# Leaking tons of oil



## Rivergoer (Mar 30, 2017)

Josiah_melchert said:


> I've been noticing my cruze blowing lots of bluish smoke out my tailpipe. I look under the hood and see oil on the seal of the valve cover and oil around my bnr bypass valve. I check the oil and there is nothing on the dipstick. I filled it up with 4 quarts and check it 2 days later which I drove about 150 miles and it was again missing 4 quarts of oil. I have no engine lights on and the engine seems to run fine any ideas? I'm tired of losing all this oil
> 
> Sent from my SAMSUNG-SM-G930A using Tapatalk


Year/Model/Trim of the car and odometer reading?


----------



## Nescafe (Mar 16, 2015)

Excessive crankcase pressure blew the seals on the valve cover?


----------



## Josiah_melchert (Mar 25, 2015)

2011 chevy cruze ltz 1.4 184k miles 

Sent from my SAMSUNG-SM-G930A using Tapatalk


----------



## Josiah_melchert (Mar 25, 2015)

Also it has a BNR tune runs great except the excessive smoke. Doesn't misfire or anything.

Sent from my SAMSUNG-SM-G930A using Tapatalk


----------



## mikestony (Jan 17, 2013)

Blown seal on the turbo bearing? Is that a possibility guys?


----------



## Eddy Cruze (Jan 10, 2014)

Why have you been driving it after you first noticed you were loosing 'tons' of Oil. Not only can your engine seize but oil can start the car on FIRE


----------



## Josiah_melchert (Mar 25, 2015)

Eddy Cruze said:


> Why have you been driving it after you first noticed you were loosing 'tons' of Oil. Not only can your engine seize but oil can start the car on FIRE


Your comment doesn't help me figure out why it's loosing oil.
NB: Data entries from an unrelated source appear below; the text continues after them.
-- ===== src/Bram/Invariant/Returns.antt =====
-- The load queue across one iteration: lsq/LoadStoreQueueBRAM.hpp lines 359-448.
use elastic_sycl_hls.Prelude.{
  ℕ, suc, ◌≤◌, ◌≡◌, inl, inr, Bool, true, false, Option, none, some, List, [], ◌∷◌, arith,
  if◌then◌else◌, length,
}
use elastic_sycl_hls.Prelude.Int.{ℤ}
use elastic_sycl_hls.Bram.State.{Config, StAlloc, LdReq, LdEntry, load_head}
use elastic_sycl_hls.Bram.Stores.{StVal}
use elastic_sycl_hls.Bram.Loads.{Return, bypasses, return_load, accepts, set_head}
use elastic_sycl_hls.Bram.Program.{Program, mem_after, expected, expected_port, one_if_some}
use elastic_sycl_hls.Bram.Invariant.{Slots, Allocs, LoadQueue}
use elastic_sycl_hls.Bram.Invariant.Values.{Arrival}
use elastic_sycl_hls.Bram.Invariant.Memory.{ReturnedWell, return_load-ReturnedWell}
use elastic_sycl_hls.Bram.Invariant.Loads.{
  MatchesLoad, load_rules, load_rules-returned, load_rules-kept,
}

module _ {V : Type 0} (cfg : Config) (p : Program V) where
  -- What a write to a load value pipe is to be, when `r` loads were returned before.
  abbrev pub WrittenWell : ℕ → Option (ℕ × V) → Type 0
  WrittenWell r written =
      (x : ℕ × V) → written ≡ some x → x ≡ (expected_port cfg p r, expected cfg p r)

  -- The load rules of one iteration, with the return `ret`.
  abbrev pub LoadsWell :
      ℕ → ℕ → ℕ → ℕ → List StAlloc → Option LdReq → List LdEntry → Return V → Type 0
  LoadsWell c n r m allocs req q ret =
      LoadQueue cfg p c n (one_if_some ret.written r)
        (if accepts (set_head ret.head q) then one_if_some req m else m) ret.ld_val
        (load_rules p cfg n allocs req (set_head ret.head q))
      × WrittenWell r ret.written

  after_return :
      (c n r m : ℕ) (allocs : List StAlloc) (req : Option LdReq) (e f : LdEntry) (q : List LdEntry)
      (ret : Return V)
      → MatchesLoad p m req
      → Allocs p c n allocs
      → e.port ≡ p.ld_port r
      → Slots p c n (suc r) m (f ∷ q)
      → ReturnedWell cfg p c n r e ret
      → LoadsWell c n r m allocs req (e ∷ f ∷ q) ret
  after_return c n r m allocs req e f q ret h al port s (inl (w, v)) = rw w (
    load_rules-returned p cfg c n (suc r) m ret.ld_val allocs req ret.head f q h al v s,
    λ x same. cc,
  )
  after_return c n r m allocs req e f q ret h al port s (inr (w, v, o, val)) = rw w (
    load_rules-kept p cfg c n r m ret.ld_val allocs req ret.head f q h al v o val s,
    λ x same. cc,
  )

  module _ (ready : ℕ → Bool) (st : StVal V) (head : StAlloc) (mem : ℤ → V) (c n r m : ℕ)
      (arr : Arrival cfg p c r st)
      (oldest : st.arrived ≡ true → (head.addr ≡ p.st_addr (suc c)) × (head.tag ≡ suc c))
      (memory : (a : ℤ) → mem a ≡ mem_after cfg p c a) (le : c ≤ p.ld_tag r) where
    abbrev pub head_return : V → List LdEntry → Return V
    head_return ld_val q =
        return_load cfg ready (bypasses st.valid head (load_head q)) st.value
          (mem (load_head q).addr) ld_val (load_head q)

    idle_head :
        (ld_val : V) (e : LdEntry) (q : List LdEntry)
        → e.addr_valid ≡ false
        → head_return ld_val (e ∷ q) ≡ record { head = e; ld_val = ld_val; written = none }
    unfolding return_load
    idle_head ld_val e q v = ground arith

    pub loads-kept :
        (allocs : List StAlloc) (req : Option LdReq) (ld_val : V) (q : List LdEntry)
        → MatchesLoad p m req
        → Allocs p c n allocs
        → 2 ≤ length q
        → LoadQueue cfg p c n r m ld_val q
        → LoadsWell c n r m allocs req q (head_return ld_val q)
    loads-kept allocs req ld_val [] h al two i = absurd i
    loads-kept allocs req ld_val (e ∷ []) h al two i = absurd (omega arith)
    loads-kept allocs req ld_val (e ∷ f ∷ q) h al two (inl (v, o, val, s)) =
        after_return c n r m allocs req e f q _ h al o.2 s (
          return_load-ReturnedWell cfg p c n r r ready st head (mem e.addr) ld_val e arr oldest v o
            le (memory e.addr) val)
    loads-kept allocs req ld_val (e ∷ f ∷ q) h al two (inr (v, x, w, s)) =
        rw (idle_head ld_val e (f ∷ q) v)
          (load_rules-returned p cfg c n r m ld_val allocs req e f q h al v s, λ y same. cc)
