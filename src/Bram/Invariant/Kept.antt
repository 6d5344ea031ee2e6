-- ===== src/Bram/Invariant/Kept.antt =====
-- One iteration of the kernel LSQ_BRAM keeps the invariant: lsq/LoadStoreQueueBRAM.hpp 288-480.
use elastic_sycl_hls.Prelude.{
  ℕ, suc, ◌+◌, ◌≤◌, ◌<◌, ◌^◌, ◌≡◌, Bool, true, false, Option, none, some, arith, refl,
  if◌then◌else◌, Bool-cases, inl, inr, dec_lt,
}
use elastic_sycl_hls.Prelude.Int.{ℤ}
use elastic_sycl_hls.Bram.State.{Config, Lsq, StReq, PipeInputs, use_st_val_mux_inlined, alloc_head}
use elastic_sycl_hls.Bram.Stores.{StVal, alloc_moves, new_last_tag}
use elastic_sycl_hls.Bram.Loads.{Return, accepts, set_head}
use elastic_sycl_hls.Bram.Cycle.{only_if, cycle_st_val, cycle_return, cycle}
use elastic_sycl_hls.Bram.Sizes.{cycle-sizes}
use elastic_sycl_hls.Bram.Program.{Program, Progress, Conforms, advance, one_if_some}
use elastic_sycl_hls.Bram.Invariant.{Inv, MuxHolds, LoadQueue, StoreQueue}
use elastic_sycl_hls.Bram.Invariant.Stores.{shift_allocs-Allocs, StoreQueue-head, StoreQueue-Allocs}
use elastic_sycl_hls.Bram.Invariant.Values.{TakenWell, take_st_val-TakenWell}
use elastic_sycl_hls.Bram.Invariant.Memory.{commit_store-mem_after}
use elastic_sycl_hls.Bram.Invariant.Loads.{LoadQueue-mono}
use elastic_sycl_hls.Bram.Invariant.Returns.{WrittenWell, LoadsWell, loads-kept}

one_if_some-only_if {ℓ} :
    {A : Type ℓ} (b : Bool) (o : Option A) (n : ℕ)
    → one_if_some (only_if b o) n ≡ (if b then one_if_some o n else n)
one_if_some-only_if true o n = refl
one_if_some-only_if false o n = refl

only_if-some {ℓ} :
    {A : Type ℓ} (b : Bool) (o : Option A) (a : A) → only_if b o ≡ some a → o ≡ some a
only_if-some true o a e = e
only_if-some false o a e = cc

le-one_if_some {ℓ} : {A : Type ℓ} (o : Option A) (n : ℕ) → n ≤ one_if_some o n
le-one_if_some none n = omega arith
le-one_if_some (some a) n = omega arith

-- The tag of the last request, and its bound, after a request or none.
new_last_tag-eq :
    (o : Option StReq) (last n : ℕ)
    → ((r : StReq) → o ≡ some r → (r.tag ≡ suc n) × (n + 2 < 2 ^ 32))
    → last ≡ n
    → n + 1 < 2 ^ 32
    → (new_last_tag o last ≡ one_if_some o n) × (one_if_some o n + 1 < 2 ^ 32)
new_last_tag-eq none last n h e b = (e, b)
new_last_tag-eq (some r) last n h e b = let (t, small) = h r refl in (t, omega arith)

module _ {V : Type 0} (cfg : Config) (byte_of : V → ℤ) (p : Program V) {g : Progress} {s : Lsq V}
    (inp : PipeInputs V) (inv : Inv cfg p g s) (ok : Conforms cfg p g inp) where
  st : StVal V
  st = cycle_st_val cfg byte_of s inp

  ret : Return V
  ret = cycle_return cfg byte_of s inp

  moves : Bool
  moves = alloc_moves st.arrived s.st_alloc

  g' : Progress
  g' = advance g (cycle cfg byte_of s inp).1

  small : (alloc_head s.st_alloc).addr_valid ≡ true → g.done + 2 < 2 ^ 32
  small v = omega (arith, inv.few, (StoreQueue-head p g.done g.alloc s.st_alloc inv.stores v).2)

  taken : TakenWell cfg p g (alloc_head s.st_alloc) s.st_val_mux st
  unfolding st cycle_st_val
  taken = take_st_val-TakenWell cfg p g inp (alloc_head s.st_alloc) s.st_val_mux ok inv.mux small

  oldest :
      st.arrived ≡ true
      → ((alloc_head s.st_alloc).addr ≡ p.st_addr (suc g.done))
        × ((alloc_head s.st_alloc).tag ≡ suc g.done)
  oldest a =
      let (addr, tag, _) = StoreQueue-head p g.done g.alloc s.st_alloc inv.stores (taken.1 a) in
      (addr, tag)

  waits : g.done ≤ p.ld_tag g.returned
  waits = elim (dec_lt (p.ld_tag g.returned) g.done) [
    | yes before ↦ absurd (omega (arith, inv.served g.returned before))
    | no not_before ↦ omega arith
  ]

  loads :
      LoadsWell cfg p g.done g.alloc g.returned g.requested s.st_alloc inp.ld_req_offer s.ld_queue
        ret
  unfolding ret cycle_return st
  loads =
      loads-kept cfg p inp.ld_ready st (alloc_head s.st_alloc) s.data_mem g.done g.alloc g.returned
        g.requested taken.0 oldest inv.memory waits s.st_alloc inp.ld_req_offer s.ld_val s.ld_queue
        ok.ld_reqs (StoreQueue-Allocs p g.done g.alloc s.st_alloc inv.stores) inv.two_loads
        inv.loads

  alloc_eq : g'.alloc ≡ (if moves then one_if_some inp.st_req_offer g.alloc else g.alloc)
  unfolding g' moves st cycle
  alloc_eq = one_if_some-only_if _ inp.st_req_offer g.alloc

  stores_after : StoreQueue p g'.done g'.alloc (cycle cfg byte_of s inp).0.st_alloc
  unfolding g' moves st cycle
  stores_after = rw alloc_eq (
      shift_allocs-Allocs p st.arrived g.done g.alloc s.st_alloc inp.st_req_offer inp.junk_tag
        taken.1 (λ r e. let (a, t, _) = ok.st_reqs r e in (a, t)) inv.stores)

  done_le : g.done ≤ g'.done
  unfolding g' st cycle
  done_le = ground arith

  alloc_le : g.alloc ≤ g'.alloc
  unfolding g' cycle
  alloc_le = le-one_if_some {0} _ g.alloc

  returned_le : g.returned ≤ g'.returned
  unfolding g' cycle
  returned_le = le-one_if_some {0} _ g.returned

  loads_after :
      LoadQueue cfg p g'.done g'.alloc g'.returned g'.requested
        (cycle cfg byte_of s inp).0.ld_val
        (cycle cfg byte_of s inp).0.ld_queue
  unfolding g' ret cycle
  loads_after =
      rw
        (
          one_if_some-only_if (accepts (set_head ret.head s.ld_queue)) inp.ld_req_offer g.requested,
          inv.last,
        )
        (LoadQueue-mono p cfg g.done g'.done g.alloc g'.alloc _ _ _ _ done_le alloc_le loads.0)

  served_after : (i : ℕ) → p.ld_tag i < g'.done → i < g'.returned
  unfolding g' st cycle
  served_after i lt = elim (Bool-cases st.arrived) [
    | inl a ↦ omega (arith, taken.0.served a i (ground arith), returned_le)
    | inr n ↦ omega (arith, inv.served i (ground arith), returned_le)
  ]

  last_after : ((cycle cfg byte_of s inp).0.last_st_req_tag ≡ g'.alloc) × (g'.alloc + 1 < 2 ^ 32)
  unfolding g' moves st cycle
  last_after =
      new_last_tag-eq (only_if moves inp.st_req_offer) s.last_st_req_tag g.alloc
        (λ r e. let (a, t, small') = ok.st_reqs r (only_if-some moves _ r e) in (t, small'))
        inv.last inv.few

  mux_after :
      use_st_val_mux_inlined cfg ≡ true → MuxHolds p g' (cycle cfg byte_of s inp).0.st_val_mux
  unfolding g' st cycle
  mux_after inlined =
      let m = taken.2 inlined in
      record {
        next = m.next;
        values = λ i x held.
            let (v, w, before) = m.values i x held in
            (v, w, λ j lt. omega (arith, before j lt, returned_le));
      }

  -- One iteration keeps the invariant: if it holds between the registers, a program and the progress
  -- made, and the clients conform in the iteration, then it holds between the new registers, the
  -- program and the progress advanced by the effects of the iteration.
  pub cycle-Inv : Inv cfg p (advance g (cycle cfg byte_of s inp).1) (cycle cfg byte_of s inp).0
  unfolding g' st cycle
  cycle-Inv = record {
    memory = λ a.
        commit_store-mem_after cfg p byte_of g.done g.returned st (alloc_head s.st_alloc) _
          s.data_mem a taken.0 (λ h. (oldest h).0) inv.memory;
    last = last_after.0;
    few = last_after.1;
    stores = stores_after;
    loads = loads_after;
    two_loads = omega (arith, inv.two_loads, (cycle-sizes cfg byte_of s inp).1);
    served = served_after;
    mux = mux_after;
  }

  -- What it writes to a load value pipe is the next load, with its port and its value.
  pub cycle-WrittenWell : WrittenWell cfg p g.returned (cycle cfg byte_of s inp).1.returned
  unfolding cycle ret
  cycle-WrittenWell = loads.1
Sent from my SAMSUNG-SM-G930A using Tapatalk


----------



## Nescafe (Mar 16, 2015)

Josiah_melchert said:


> Your comment doesn't help me figure out why it's loosing oil.
> 
> Sent from my SAMSUNG-SM-G930A using Tapatalk


I think you're just having a laugh. You haven't cleaned up any of the spilled oil yet? I don't know if insurance would cover a fire if you didn't hit anyone or anything, so that can't be your goal.


----------



## ChevyGuy (Dec 13, 2014)

Any idea where the bulk of the oil is going? At this point you've lost 8 quarts.  If it's leaking externally, I'd think you'd notice the trail and puddle on the drive way. Otherwise, I'm inclined to think that the bulk is going down the exhaust pipe. And yeah, I think the turbo would be one of my suspects.That's not to say there isn't other oil leaks that need to be addressed, but I'd want to know where the bulk of it is going and fix that first.


----------



## Josiah_melchert (Mar 25, 2015)

Nescafe said:


> I think you're just having a laugh. You haven't cleaned up any of the spilled oil yet? I don't know if insurance would cover a fire if you didn't hit anyone or anything, so that can't be your goal.


Well if you read the post right I'm burning it so it's not leaking all over my engine. Thanks for your help

Sent from my SAMSUNG-SM-G930A using Tapatalk


----------



## Rivergoer (Mar 30, 2017)

How do the plugs look?

With those miles might be time for a compression check. At least that will help with the turbo vs warn piston/valve question.


----------